<<<<

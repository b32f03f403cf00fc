-- ===== src/Cache/Files.antt =====
-- What a change of a file's attributes, or a new file without blocks, leaves of the cache:
-- `cacheFileAttr` and the size that `Cache::write` sets, in client_src/cache.cpp.
use net_fs.Prelude.{
  ℕ, Error, List, [], none, some, ◌==◌, str_eq, str_eq_iff, nat_eq, string_eq, find, find-put,
  Result, ok, err, ◌≡◌, ◌≢◌, refl, ap, sym, subst, ◌∙◌, arith, Bool-cases, Option-cases, inl, inr,
  false, ◌⊎◌,
}
use net_fs.Cache.State.{FileAttr, FileCache, Cache, Backend}
use net_fs.Cache.Blocks.{set_file}
use net_fs.Cache.Valid.{IsValid, find_entry, view}
use net_fs.Cache.Store.{file_facts}
use net_fs.Cache.WriteBlock.{dirty_at}
use net_fs.Cache.Ops.{cache_file_attr}

-- Two caches with the same blocks and usage list.
pub record SameBlocks (c c' : Cache) : Type 0 where
  pub same_entry : (g : List ℕ) (k : ℕ) → find_entry c' g k ≡ find_entry c g k
  pub same_size : c'.block_size ≡ c.block_size
  pub same_list : c'.recent_list ≡ c.recent_list
  pub same_next : c'.next_node ≡ c.next_node

pub SameBlocks-IsValid : {c c' : Cache} → SameBlocks c c' → IsValid c → IsValid c'
SameBlocks-IsValid {c} {c'} s v = record {
  positive = omega (arith, v.positive, s.same_size);
  small = omega (arith, v.small, s.same_size);
  blocks = λ f b e h. rw s.same_size (v.blocks f b e (sym (s.same_entry f b) ∙ h));
  recorded = λ f b e h. rw s.same_list (v.recorded f b e (sym (s.same_entry f b) ∙ h));
  used = λ n u h.
      let (e, found, there) = v.used n u (rw s.same_list at h) in
      (e, s.same_entry u.entry_id.filename u.entry_id.block_num ∙ found, there);
  fresh = λ n u h. rw s.same_next (v.fresh n u (rw s.same_list at h));
  distinct = rw s.same_list v.distinct;
}

pub SameBlocks-view :
    {c c' : Cache} → SameBlocks c c' → (g : List ℕ) (k x : ℕ) → view c' g k x ≡ view c g k x
unfolding view
SameBlocks-view s g k x = ground (arith, s.same_entry g k)

pub SameBlocks-dirty_at :
    {c c' : Cache} → SameBlocks c c' → (g : List ℕ) (k : ℕ) → dirty_at c' g k ≡ dirty_at c g k
unfolding dirty_at
SameBlocks-dirty_at s g k = ground (arith, s.same_entry g k)

-- A file with other attributes and the same blocks.
pub set_file-SameBlocks :
    (c : Cache) (f : List ℕ) (fc fc' : FileCache)
    → find f c.file_map ≡ some fc
    → fc'.entries ≡ fc.entries
    → SameBlocks c (set_file f fc' c)
unfolding find_entry
set_file-SameBlocks c f fc fc' known same = record {
  same_entry = λ g k.
      let at_file = find-put f g fc' c.file_map in
      elim (Bool-cases (str_eq f g)) [
        | inl here ↦
            let known' : find g c.file_map ≡ some fc =
              subst (λ h. find h c.file_map ≡ some fc) ((str_eq_iff f g).0 here) known in
            ground (arith, at_file, known')
        | inr other ↦ ground (arith, at_file)
      ];
  same_size = refl;
  same_list = refl;
  same_next = refl;
}

new_file_entry :
    (c : Cache) (f : List ℕ) (fc : FileCache)
    → find f c.file_map ≡ none
    → fc.entries ≡ []
    → (g : List ℕ) (k : ℕ) → find_entry (set_file f fc c) g k ≡ find_entry c g k
unfolding find_entry
new_file_entry c f fc unknown empty g k =
    let at_file = find-put f g fc c.file_map in
    let nothing : find k fc.entries ≡ none = rw empty (unfold find in refl) in
    elim (Bool-cases (str_eq f g)) [
      | inl here ↦
          let unknown' : find g c.file_map ≡ none =
            subst (λ h. find h c.file_map ≡ none) ((str_eq_iff f g).0 here) unknown in
          ground (arith, at_file, unknown', nothing)
      | inr other ↦ ground (arith, at_file)
    ]

-- A file that the cache did not know, without blocks.
pub new_file-SameBlocks :
    (c : Cache) (f : List ℕ) (fc : FileCache)
    → find f c.file_map ≡ none
    → fc.entries ≡ []
    → SameBlocks c (set_file f fc c)
new_file-SameBlocks c f fc unknown empty = record {
  same_entry = new_file_entry c f fc unknown empty;
  same_size = refl;
  same_list = refl;
  same_next = refl;
}

-- What `cacheFileAttr` leaves when it succeeds: the file is known, and nothing else has changed.
pub record Known (c c' : Cache) (f : List ℕ) : Type 0 where
  pub same : SameBlocks c c'
  pub file : FileCache
  pub found : find f c'.file_map ≡ some file
  pub other_facts : (g : List ℕ) → str_eq f g ≡ false → file_facts c' g ≡ file_facts c g

Result-cases : {A : Type 0} (r : Result A) → ((e : Error) × (r ≡ err e)) ⊎ ((a : A) × (r ≡ ok a))
Result-cases (err e) = inl (e, refl)
Result-cases (ok a) = inr (a, refl)

pub set_file-other_facts :
    (c : Cache) (f g : List ℕ) (fc : FileCache)
    → str_eq f g ≡ false
    → file_facts (set_file f fc c) g ≡ file_facts c g
unfolding file_facts
set_file-other_facts c f g fc other = ground (arith, find-put f g fc c.file_map)

SameBlocks-refl : (c : Cache) → SameBlocks c c
SameBlocks-refl c = record {
  same_entry = λ g k. refl;
  same_size = refl;
  same_list = refl;
  same_next = refl;
}

ok-inj : {A : Type 0} {a b : A} → ok a ≡ ok b → a ≡ b
ok-inj h = cc

pub SameBlocks-trans : {c d e : Cache} → SameBlocks c d → SameBlocks d e → SameBlocks c e
SameBlocks-trans s t = record {
  same_entry = λ g k. t.same_entry g k ∙ s.same_entry g k;
  same_size = t.same_size ∙ s.same_size;
  same_list = t.same_list ∙ s.same_list;
  same_next = t.same_next ∙ s.same_next;
}

module _ {S : Type 0} (backend : Backend S) (f : List ℕ) (c : Cache) (s : S) where
  pub run_known :
      (fc : FileCache) → find f c.file_map ≡ some fc → cache_file_attr backend f c s ≡ ok (0, c, s)
  unfolding cache_file_attr
  run_known fc there = ground arith

  pub run_asked :
      (attr : FileAttr) (s' : S)
      → find f c.file_map ≡ none
      → backend.attr_ft f s ≡ ok (0, attr, s')
      → cache_file_attr backend f c s
        ≡ ok (0, set_file f (record { stale = false; attr = attr; entries = [] }) c, s')
  unfolding cache_file_attr
  run_asked attr s' absent reply = ground arith

  pub run_refused :
      (code : ℕ) (attr : FileAttr) (s' : S)
      → find f c.file_map ≡ none
      → backend.attr_ft f s ≡ ok (code, attr, s')
      → (code == 0) ≡ false
      → cache_file_attr backend f c s ≡ ok (code, c, s')
  unfolding cache_file_attr
  run_refused code attr s' absent reply failed = ground arith

  pub run_stopped :
      (e : Error)
      → find f c.file_map ≡ none
      → backend.attr_ft f s ≡ err e
      → cache_file_attr backend f c s ≡ err e
  unfolding cache_file_attr
  run_stopped e absent reply = ground arith

  Known-new :
      (attr : FileAttr)
      → find f c.file_map ≡ none
      → Known c (set_file f (record { stale = false; attr = attr; entries = [] }) c) f
  Known-new attr absent =
      let fc : FileCache = record { stale = false; attr = attr; entries = [] } in
      record {
        same = new_file-SameBlocks c f fc absent refl;
        file = fc;
        found = find-put f f fc c.file_map ∙ rw ((str_eq_iff f f).1 refl) refl;
        other_facts = λ g other. set_file-other_facts c f g fc other;
      }

  asked_result :
      (attr : FileAttr) (code code' : ℕ) (c' : Cache) (s' s'' : S)
      → find f c.file_map ≡ none
      → backend.attr_ft f s ≡ ok (code', attr, s'')
      → cache_file_attr backend f c s ≡ ok (code, c', s')
      → ((code ≡ 0) × Known c c' f) ⊎ ((code ≢ 0) × (c' ≡ c))
  asked_result attr code code' c' s' s'' absent reply h = elim (Bool-cases (code' == 0)) [
    | inl zero_code ↦
        let zero' : code' ≡ 0 = ground arith in
        let reply' : backend.attr_ft f s ≡ ok (0, attr, s'') =
          reply ∙ ap (λ n. ok (n, attr, s'')) zero' in
        let eq = ok-inj (sym (run_asked attr s'' absent reply') ∙ h) in
        inl (
          sym (ap (λ (t : ℕ × Cache × S). t.0) eq),
          subst (λ d. Known c d f) (ap (λ (t : ℕ × Cache × S). t.1) eq) (Known-new attr absent),
        )
    | inr failed ↦
        let eq = ok-inj (sym (run_refused code' attr s'' absent reply failed) ∙ h) in
        let same : code' ≡ code = ap (λ (t : ℕ × Cache × S). t.0) eq in
        inr (ground (arith, same), sym (ap (λ (t : ℕ × Cache × S). t.1) eq))
  ]

  -- `cacheFileAttr` for a file that the cache knows does nothing; for another it asks for the
  -- attributes. An error code is passed on and nothing in the cache changes; without one the file
  -- is known afterwards, and the cached bytes are the same as before.
  pub cache_file_attr_lem :
      (code : ℕ) (c' : Cache) (s' : S)
      → cache_file_attr backend f c s ≡ ok (code, c', s')
      → ((code ≡ 0) × Known c c' f) ⊎ ((code ≢ 0) × (c' ≡ c))
  cache_file_attr_lem code c' s' h = elim (Option-cases (find f c.file_map)) [
    | inr (fc, there) ↦
        let eq = ok-inj (sym (run_known fc there) ∙ h) in
        let same : c ≡ c' = ap (λ (t : ℕ × Cache × S). t.1) eq in
        inl (
          sym (ap (λ (t : ℕ × Cache × S). t.0) eq),
          record {
            same = subst (λ d. SameBlocks c d) same (SameBlocks-refl c);
            file = fc;
            found = ap (λ (d : Cache). find f d.file_map) (sym same) ∙ there;
            other_facts = λ g other. ap (λ d. file_facts d g) (sym same);
          },
        )
    | inl absent ↦ elim (Result-cases (backend.attr_ft f s)) [
      | inl (e, reply) ↦ absurd (let stop = sym (run_stopped e absent reply) ∙ h in cc)
      | inr ((code', attr, s''), reply) ↦ asked_result attr code code' c' s' s'' absent reply h
    ]
  ]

>>>>

* **Aim of the exercise**: The answer must be every line of the records above that holds the word "nothing".

* **Answer section**:
    let nothing : find k fc.entries ≡ none = rw empty (unfold find in refl) in
          ground (arith, at_file, unknown', nothing)
-- What `cacheFileAttr` leaves when it succeeds: the file is known, and nothing else has changed.
  -- `cacheFileAttr` for a file that the cache knows does nothing; for another it asks for the
  -- attributes. An error code is passed on and nothing in the cache changes; without one the file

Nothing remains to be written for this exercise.